(Items from a data source)
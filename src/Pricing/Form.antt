-- ===== src/Pricing/Form.antt =====
-- web/src/components/usage/PriceSettingsCard.tsx: the form that adds a price, the dialog that edits one
-- and the list of models. A handler returns the form and, if it calls `onPricesChange`, the new prices.
pub mod Keyed
pub mod Laws
pub mod Tests
use daili_usage_keeper_north.Base.{
  ℕ, String, Bool, true, false, not, Option, none, some, List, [], ◌∷◌, map, Dict, lookup, update,
  if◌then◌else◌, filter, str_eq, is_blank, trim, sort, ◌&&◌, ◌>>=◌,
}
use daili_usage_keeper_north.Usage.Stats.{ModelPrice}
use daili_usage_keeper_north.Pricing.{has_model}

-- Numbers as the form meets them.
pub record Numbers (C : Type 0) : Type 0 where
  -- `Number(text)`; `none` where it is not finite.
  pub read : String → Option C
  -- `value.toString()`
  pub print : C → String
  -- `value >= 0`
  pub is_non_negative : C → Bool

pub record PriceForm : Type 0 where
  pub selected_model : String
  pub prompt_price : String
  pub completion_price : String
  pub cache_price : String
  pub edit_model : Option String
  pub edit_prompt : String
  pub edit_completion : String
  pub edit_cache : String

pub record ModelOption : Type 0 where
  pub value : String
  pub label : String
  -- Whether it has the suffix, and the label of the suffix.
  pub configured : Bool

abbrev pub format_display_name : String → String
format_display_name value = if is_blank (trim value) then "-" else trim value

-- `delete prices[model]`
abbrev pub remove : {V : Type 0} → String → Dict V → Dict V
remove model prices = filter (λ e. not (str_eq e.0 model)) prices

-- `compare(left, right) <= 0`
abbrev pub model_before :
    (String → String → Bool) → (configured : String → Bool) → String → String → Bool
model_before collates configured left right = elim (configured left) [
  | true ↦ configured right && collates (format_display_name left) (format_display_name right)
  | false ↦
      if configured right
      then true
      else collates (format_display_name left) (format_display_name right)
]

module _ {C : Type 0} where
  abbrev pub model_option : Dict (ModelPrice C) → String → ModelOption
  model_option prices name = record {
    value = name;
    label = format_display_name name;
    configured = has_model name prices;
  }

  unfoldable pub build_pricing_model_options :
      (String → String → Bool) → List String → Dict (ModelPrice C) → String → List ModelOption
  unfolding sort
  build_pricing_model_options collates model_names prices placeholder =
      record { value = ""; label = placeholder; configured = false }
      ∷ map (model_option prices)
          (sort (model_before collates (λ name. has_model name prices)) model_names)

  unfoldable pub handle_delete_price : Dict (ModelPrice C) → String → Option (Dict (ModelPrice C))
  handle_delete_price prices model = some (remove model prices)

  module _ (numbers : Numbers C) where
    unfoldable pub parse_price_value : String → Option C
    parse_price_value value = elim (numbers.read value) [
      | none ↦ none
      | some parsed ↦ if numbers.is_non_negative parsed then some parsed else none
    ]

    -- The three texts as a price; without one for the cache its price is that of the prompt.
    unfoldable pub read_price : String → String → String → Option (ModelPrice C)
    unfolding parse_price_value
    read_price prompt_text completion_text cache_text = do
      prompt ← parse_price_value prompt_text
      completion ← parse_price_value completion_text
      cache ← if is_blank (trim cache_text) then some prompt else parse_price_value cache_text
      some (record { prompt = prompt; completion = completion; cache = cache })

    -- `price?.prompt?.toString() || ''`
    abbrev pub text_of_price : (ModelPrice C → C) → Option (ModelPrice C) → String
    text_of_price field none = ""
    text_of_price field (some price) = numbers.print (field price)

    module _ (prices : Dict (ModelPrice C)) where
      abbrev pub with_price : String → ModelPrice C → Dict (ModelPrice C)
      with_price model price = update model (λ old. price) prices

      unfoldable pub handle_save_price : PriceForm → PriceForm × Option (Dict (ModelPrice C))
      unfolding read_price update
      handle_save_price f =
          if is_blank f.selected_model
          then (f, none)
          else elim (read_price f.prompt_price f.completion_price f.cache_price) [
            | none ↦ (f, none)
            | some price ↦ (
              record f {
                selected_model = "";
                prompt_price = "";
                completion_price = "";
                cache_price = "";
              },
              some (with_price f.selected_model price),
            )
          ]

      unfoldable pub handle_open_edit : String → PriceForm → PriceForm
      unfolding lookup
      handle_open_edit model f =
          let price = lookup model prices in
          record f {
            edit_model = some model;
            edit_prompt = text_of_price (λ p. p.prompt) price;
            edit_completion = text_of_price (λ p. p.completion) price;
            edit_cache = text_of_price (λ p. p.cache) price;
          }

      abbrev pub save_edit_of : Option String → PriceForm → PriceForm × Option (Dict (ModelPrice C))
      save_edit_of none f = (f, none)
      save_edit_of (some model) f =
          if is_blank model
          then (f, none)
          else elim (read_price f.edit_prompt f.edit_completion f.edit_cache) [
            | none ↦ (f, none)
            | some price ↦ (record f { edit_model = none }, some (with_price model price))
          ]

      unfoldable pub handle_save_edit : PriceForm → PriceForm × Option (Dict (ModelPrice C))
      unfolding read_price update
      handle_save_edit f = save_edit_of f.edit_model f

      unfoldable pub handle_model_select : String → PriceForm → PriceForm
      unfolding lookup
      handle_model_select value f =
          let price = lookup value prices in
          record f {
            selected_model = value;
            prompt_price = text_of_price (λ p. p.prompt) price;
            completion_price = text_of_price (λ p. p.completion) price;
            cache_price = text_of_price (λ p. p.cache) price;
          }
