-- ===== src/Pricing/Sync.antt =====
-- The requests of `setModelPrices` bring the server from the old prices to the new ones.
use daili_usage_keeper_north.Base.{
  ◌≡◌, refl, sym, ap, ◌∙◌, String, Bool, true, false, not, ◌⊎◌, inl, inr, Option, none, some, List,
  [], ◌∷◌, ◌++◌, map, Dict, lookup, if◌then◌else◌, filter, any, str_eq, eq_iff, keys, All,
  All-append, arith, Bool-cases, Option-cases, ℕ, ◌==◌,
}
use daili_usage_keeper_north.Usage.Stats.{ModelPrice}
use daili_usage_keeper_north.Store.{Failure, api_error, plain_error, no_error}
use daili_usage_keeper_north.Pricing.{
  PricingState, set_model_prices, prices_failed, prices_sent, PriceRequest, update_price,
  delete_price, has_model, prices_equal, is_changed, is_gone, price_requests,
}

-- The prices that a server holds.
abbrev pub Server : Type 0 → Type 0
Server C = String → Option (ModelPrice C)

module _ {C : Type 0} where
  abbrev pub target : PriceRequest C → String
  target (update_price k p) = k
  target (delete_price k) = k

  abbrev pub result : PriceRequest C → Option (ModelPrice C)
  result (update_price k p) = some p
  result (delete_price k) = none

  -- A server that does what it is asked to: it writes the price of one model, or forgets it.
  abbrev pub serve : Server C → PriceRequest C → Server C
  serve f r k = if str_eq (target r) k then result r else f k

  abbrev pub serve_all : Server C → List (PriceRequest C) → Server C
  serve_all f [] = f
  serve_all f (r ∷ rs) = serve_all (serve f r) rs

  abbrev targets : String → PriceRequest C → Bool
  targets k r = str_eq (target r) k

  abbrev Agrees : String → Option (ModelPrice C) → PriceRequest C → Type 0
  Agrees k v r = targets k r ≡ true → result r ≡ v

  -- If all the requests about a model ask for one result, and there is one or the server had that
  -- result before, it has it in the end.
  serve_all-agree :
      (k : String) (v : Option (ModelPrice C)) (rs : List (PriceRequest C)) (f : Server C)
      → All (Agrees k v) rs
      → (f k ≡ v) ⊎ (any (targets k) rs ≡ true)
      → serve_all f rs k ≡ v
  serve_all-agree k v [] f h (inl e) = e
  serve_all-agree k v [] f h (inr e) = cc
  serve_all-agree k v (r ∷ rs) f h e = elim (Bool-cases (targets k r)) [
    | inl t ↦ serve_all-agree k v rs (serve f r) h.1 (inl (rw t (h.0 t)))
    | inr t ↦
        serve_all-agree k v rs (serve f r) h.1
          (elim e [ inl a ↦ inl (rw t a) | inr a ↦ inr (rw t at a) ])
  ]

  any-append_left :
      (p : PriceRequest C → Bool) (xs ys : List (PriceRequest C))
      → any p xs ≡ true
      → any p (xs ++ ys) ≡ true
  any-append_left p [] ys h = cc
  any-append_left p (x ∷ xs) ys h = ground (arith, any-append_left p xs ys)

  any-append_right :
      (p : PriceRequest C → Bool) (xs ys : List (PriceRequest C))
      → any p ys ≡ true
      → any p (xs ++ ys) ≡ true
  any-append_right p [] ys h = h
  any-append_right p (x ∷ xs) ys h = ground (arith, any-append_right p xs ys h)

  -- Every entry of an object is what the object holds under its key.
  abbrev pub IsObject : Dict (ModelPrice C) → Type 0
  IsObject prices = All (λ e. lookup e.0 prices ≡ some e.1) prices

  lookup-no_model :
      (k : String) (prices : Dict (ModelPrice C))
      → has_model k prices ≡ false
      → lookup k prices ≡ none
  unfolding lookup
  lookup-no_model k [] h = refl
  lookup-no_model k ((j, p) ∷ m) h = ground (arith, lookup-no_model k m)

  has_model-lookup :
      (k : String) (prices : Dict (ModelPrice C))
      → lookup k prices ≡ none
      → has_model k prices ≡ false
  unfolding lookup
  has_model-lookup k [] h = refl
  has_model-lookup k ((j, p) ∷ m) h = ground (arith, has_model-lookup k m)

  of_some : (q p : ModelPrice C) → some q ≡ some p → q ≡ p
  of_some q p h = cc

  module _ (same : C → C → Bool) where
    updates-agree :
        (k : String) (previous prices rest : Dict (ModelPrice C))
        → All (λ e. lookup e.0 prices ≡ some e.1) rest
        → All
            (Agrees k (lookup k prices))
            (map (λ e. update_price e.0 e.1) (filter (is_changed same previous) rest))
    updates-agree k previous prices [] h = tt
    updates-agree k previous prices ((j, p) ∷ rest) h =
        let ih = updates-agree k previous prices rest h.1 in
        let here =
          λ (t : str_eq j k ≡ true). sym h.0 ∙ ap (λ i. lookup i prices) ((eq_iff j k).0 t) in
        elim (Bool-cases (is_changed same previous (j, p))) [
          | inl e ↦ rw e (here, ih)
          | inr e ↦ rw e ih
        ]

    deletes-agree :
        (k : String) (prices : Dict (ModelPrice C)) (ks : List String)
        → All (Agrees k (lookup k prices)) (map delete_price (filter (is_gone same prices) ks))
    deletes-agree k prices [] = tt
    deletes-agree k prices (j ∷ ks) = elim (Bool-cases (has_model j prices)) [
      | inl e ↦ rw e (deletes-agree k prices ks)
      | inr e ↦ rw e (
        (λ t. sym (lookup-no_model j prices e) ∙ ap (λ i. lookup i prices) ((eq_iff j k).0 t)),
        deletes-agree k prices ks,
      )
    ]

    entry_changed :
        (j : String) (q : ModelPrice C) (k : String) (p : ModelPrice C)
        (previous : Dict (ModelPrice C))
        → j ≡ k
        → q ≡ p
        → prices_equal same (lookup k previous) p ≡ false
        → prices_equal same (lookup j previous) q ≡ false
    entry_changed j q k p previous a b e = cc

    update-sent :
        (k : String) (p : ModelPrice C) (previous rest : Dict (ModelPrice C))
        → lookup k rest ≡ some p
        → prices_equal same (lookup k previous) p ≡ false
        → any (targets k) (map (λ e. update_price e.0 e.1) (filter (is_changed same previous) rest))
          ≡ true
    unfolding lookup
    update-sent k p previous [] h e = cc
    update-sent k p previous ((j, q) ∷ rest) h e = elim (Bool-cases (str_eq j k)) [
      | inl t ↦
          let changed : is_changed same previous (j, q) ≡ true =
            ap not
              (entry_changed j q k p previous ((eq_iff j k).0 t) (of_some q p (rw t at h)) e) in
          rw (changed, t)
      | inr t ↦
          let ih = update-sent k p previous rest (rw t at h) e in
          elim (Bool-cases (is_changed same previous (j, q))) [
            | inl c ↦ rw (c, t) ih
            | inr c ↦ rw c ih
          ]
    ]

    delete-sent :
        (k : String) (p : ModelPrice C) (prices rest : Dict (ModelPrice C))
        → lookup k rest ≡ some p
        → has_model k prices ≡ false
        → any (targets k) (map delete_price (filter (is_gone same prices) (keys rest))) ≡ true
    unfolding lookup
    delete-sent k p prices [] h e = cc
    delete-sent k p prices ((j, q) ∷ rest) h e = elim (Bool-cases (str_eq j k)) [
      | inl t ↦
          let gone : has_model j prices ≡ false =
            ap (λ i. has_model i prices) ((eq_iff j k).0 t) ∙ e in
          rw (gone, t)
      | inr t ↦
          let ih = delete-sent k p prices rest (rw t at h) e in
          elim (Bool-cases (has_model j prices)) [ inl c ↦ rw c ih | inr c ↦ rw (c, t) ih ]
    ]

    prices_equal_lem :
        ((a b : C) → same a b ≡ true → a ≡ b)
        → (o : Option (ModelPrice C)) (p : ModelPrice C) → prices_equal same o p ≡ true
        → o ≡ some p
    unfolding prices_equal
    prices_equal_lem h none p e = cc
    prices_equal_lem h (some q) p e =
        ground (arith, h q.prompt p.prompt, h q.completion p.completion, h q.cache p.cache)

    -- What the requests leave alone is as it should be, and what is not is asked for.
    sent_or_equal :
        ((a b : C) → same a b ≡ true → a ≡ b)
        → (k : String) (previous prices : Dict (ModelPrice C))
        → (lookup k previous ≡ lookup k prices)
          ⊎ (any (targets k) (price_requests same previous prices) ≡ true)
    unfolding price_requests
    sent_or_equal h k previous prices = elim (Option-cases (lookup k prices)) [
      | inl none_now ↦ elim (Option-cases (lookup k previous)) [
        | inl none_before ↦ inl (none_before ∙ sym none_now)
        | inr (p, before) ↦ inr (
            any-append_right (targets k) _ _
              (delete-sent k p prices previous before (has_model-lookup k prices none_now)))
      ]
      | inr (p, now) ↦ elim (Bool-cases (prices_equal same (lookup k previous) p)) [
        | inl e ↦ inl (prices_equal_lem h (lookup k previous) p e ∙ sym now)
        | inr e ↦ inr (any-append_left (targets k) _ _ (update-sent k p previous prices now e))
      ]
    ]

    -- If `===` holds only between equal prices, the new prices are an object, and the server holds the
    -- old ones, then after the requests, served in the order in which they are sent, it holds the new
    -- price of every model and no other.
    pub price_requests-serve_all :
        ((a b : C) → same a b ≡ true → a ≡ b)
        → (previous prices : Dict (ModelPrice C)) (server : Server C) → IsObject prices
        → ((k : String) → server k ≡ lookup k previous)
        → (k : String) → serve_all server (price_requests same previous prices) k ≡ lookup k prices
    unfolding price_requests
    price_requests-serve_all h previous prices server object held k =
        serve_all-agree k (lookup k prices) (price_requests same previous prices) server
          (All-append (Agrees k (lookup k prices)) _ _
            (updates-agree k previous prices prices object)
            (deletes-agree k prices (keys previous)))
          (elim (sent_or_equal h k previous prices) [ inl e ↦ inl (held k ∙ e) | inr e ↦ inr e ])

-- The failure is an `ApiError` with status 401.
abbrev pub is_unauthorized : Failure → Bool
is_unauthorized (api_error status message) = status == 401
is_unauthorized (plain_error message) = false
is_unauthorized no_error = false

-- Setting prices shows and saves the new ones, and success keeps them; whatever failure follows shows
-- and saves the ones of before, asks for a login exactly when it is a 401, and leaves the time of the
-- last refresh as it was.
pub set_model_prices_lem :
    {C : Type 0} (same : C → C → Bool) (prices : Dict (ModelPrice C)) (s : PricingState C)
    (upload_failed : String) (failure : Failure) (now : ℕ)
    → let sent = (set_model_prices same prices s).0 in
      let failed = prices_failed upload_failed s.model_prices failure sent in
      (sent.model_prices ≡ prices)
      × (sent.saved ≡ prices)
      × ((prices_sent now sent).model_prices ≡ prices)
      × ((prices_sent now sent).last_refreshed_at ≡ some now)
      × (failed.model_prices ≡ s.model_prices)
      × (failed.saved ≡ s.model_prices)
      × (failed.last_refreshed_at ≡ s.last_refreshed_at)
      × (s.auth_required ≡ false → failed.auth_required ≡ is_unauthorized failure)
unfolding set_model_prices prices_failed prices_sent
set_model_prices_lem same prices s upload_failed (api_error status message) now = ground arith
set_model_prices_lem same prices s upload_failed (plain_error message) now = ground arith
set_model_prices_lem same prices s upload_failed no_error now = ground arith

• [Task statement]
Start at the first line of the entries and stop at the line with "pub print : C → String". Retype each of those lines exactly, both ends included.

• [Solution to the exercise]
filename src/Pricing/Form.antt
-- ===== src/Pricing/Form.antt =====
-- web/src/components/usage/PriceSettingsCard.tsx: the form that adds a price, the dialog that edits one
-- and the list of models. A handler returns the form and, if it calls `onPricesChange`, the new prices.
pub mod Keyed
pub mod Laws
pub mod Tests
use daili_usage_keeper_north.Base.{
  ℕ, String, Bool, true, false, not, Option, none, some, List, [], ◌∷◌, map, Dict, lookup, update,
  if◌then◌else◌, filter, str_eq, is_blank, trim, sort, ◌&&◌, ◌>>=◌,
}
use daili_usage_keeper_north.Usage.Stats.{ModelPrice}
use daili_usage_keeper_north.Pricing.{has_model}

-- Numbers as the form meets them.
pub record Numbers (C : Type 0) : Type 0 where
  -- `Number(text)`; `none` where it is not finite.
  pub read : String → Option C
  -- `value.toString()`
  pub print : C → String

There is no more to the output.